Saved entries
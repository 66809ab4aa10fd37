-- ===== src/Cameras.antt =====
-- The camera server: `DualCameraServer` of 队列管理/src/core/camera_server.py.
pub mod Server
pub mod Heartbeat
pub mod Connection
pub mod Started
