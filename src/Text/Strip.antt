-- ===== src/Text/Strip.antt =====
-- `bytes.strip(chars)`: what goes at both ends and what stays.
use model_lib.Prelude.{
  ℕ, ◌≡◌, refl, sym, ap, ◌∙◌, Bool, false, [], ◌∷◌, ◌++◌, if◌then◌else◌, All, Bool-cases, inl, inr,
}
use mathlib.Core.List.{append-nil}
use model_lib.Text.{Bytes}
use model_lib.Text.Span.{span, Satisfies, span-append, span_sound}

module _ (p : ℕ → Bool) where
  -- A character at the end goes where nothing is left after it.
  unfoldable pub rstrip_cons : ℕ → Bytes → Bytes
  rstrip_cons c [] = if p c then [] else c ∷ []
  rstrip_cons c (d ∷ ds) = c ∷ d ∷ ds

  unfoldable pub rstrip_by : Bytes → Bytes
  unfolding rstrip_cons
  rstrip_by [] = []
  rstrip_by (c ∷ cs) = rstrip_cons c (rstrip_by cs)

  unfoldable pub strip_by : Bytes → Bytes
  unfolding span rstrip_by
  strip_by text = rstrip_by (span p text).1

  rstrip_cons_sound :
      (c : ℕ) (kept gone : Bytes)
      → Satisfies p gone
      → (rest : Bytes) × (c ∷ (kept ++ gone) ≡ rstrip_cons c kept ++ rest) × Satisfies p rest
  unfolding rstrip_cons
  rstrip_cons_sound c (d ∷ ds) gone h = (gone, refl, h)
  rstrip_cons_sound c [] gone h = elim (Bool-cases (p c)) [
    | inl yes' ↦ rw yes' (c ∷ gone, refl, (yes', h))
    | inr no' ↦ rw no' (gone, refl, h)
  ]

  rstrip_by_sound :
      (text : Bytes) → (gone : Bytes) × (text ≡ rstrip_by text ++ gone) × Satisfies p gone
  unfolding rstrip_by
  rstrip_by_sound [] = ([], refl, tt)
  rstrip_by_sound (c ∷ cs) =
      let (gone, same, h) = rstrip_by_sound cs in
      let (rest, whole, k) = rstrip_cons_sound c (rstrip_by cs) gone h in
      (rest, ap (◌∷◌ c) same ∙ whole, k)

  -- A text is what stays, with stripped characters around it.
  pub strip_by_sound :
      (text : Bytes)
      → (before after : Bytes) × (text ≡ before ++ (strip_by text ++ after))
        × Satisfies p before
        × Satisfies p after
  unfolding strip_by
  strip_by_sound text =
      let (same, h, _) = span_sound p text in
      let (gone, rest, k) = rstrip_by_sound (span p text).1 in
      ((span p text).0, gone, same ∙ ap (λ t. (span p text).0 ++ t) rest, h, k)

  rstrip_by-all : (text : Bytes) → Satisfies p text → rstrip_by text ≡ []
  unfolding rstrip_by rstrip_cons
  rstrip_by-all [] h = refl
  rstrip_by-all (c ∷ cs) h = rw (rstrip_by-all cs h.1, h.0) refl

  pub strip_by-all : (text : Bytes) → Satisfies p text → strip_by text ≡ []
  unfolding strip_by
  strip_by-all text h =
      ap (λ t. rstrip_by (span p t).1) (sym (append-nil text))
      ∙ ap (λ r. rstrip_by r.1) (span-append p text [] h refl)

  pub strip_by-one :
      (before : Bytes) (c : ℕ) (after : Bytes)
      → Satisfies p before
      → p c ≡ false
      → Satisfies p after
      → strip_by (before ++ c ∷ after) ≡ c ∷ []
  unfolding strip_by rstrip_by rstrip_cons
  strip_by-one before c after h k l =
      ap (λ r. rstrip_by r.1) (span-append p before (c ∷ after) h k)
      ∙ rw (rstrip_by-all after l, k) refl

  rstrip_by-none : (text : Bytes) → All (λ c. p c ≡ false) text → rstrip_by text ≡ text
  unfolding rstrip_by rstrip_cons
  rstrip_by-none [] h = refl
  rstrip_by-none (c ∷ []) h = rw h.0 refl
  rstrip_by-none (c ∷ d ∷ ds) h = rw (rstrip_by-none (d ∷ ds) h.1) refl

  pub strip_by-none : (text : Bytes) → All (λ c. p c ≡ false) text → strip_by text ≡ text
  unfolding strip_by
  strip_by-none [] h = unfold span rstrip_by in refl
  strip_by-none (c ∷ cs) h =
      ap (λ r. rstrip_by r.1) (span-append p [] (c ∷ cs) tt h.0) ∙ rstrip_by-none (c ∷ cs) h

▶ _Exercise instructions_
Of the entries above, repeat exactly the lines between the line with "pub mod Started" and the line with "unfoldable pub rstrip_cons", inclusive, and no others.

▶ _Output of the exercise_
pub mod Started
filename src/Text/Strip.antt
-- ===== src/Text/Strip.antt =====
-- `bytes.strip(chars)`: what goes at both ends and what stays.
use model_lib.Prelude.{
  ℕ, ◌≡◌, refl, sym, ap, ◌∙◌, Bool, false, [], ◌∷◌, ◌++◌, if◌then◌else◌, All, Bool-cases, inl, inr,
}
use mathlib.Core.List.{append-nil}
use model_lib.Text.{Bytes}
use model_lib.Text.Span.{span, Satisfies, span-append, span_sound}

module _ (p : ℕ → Bool) where
  -- A character at the end goes where nothing is left after it.
  unfoldable pub rstrip_cons : ℕ → Bytes → Bytes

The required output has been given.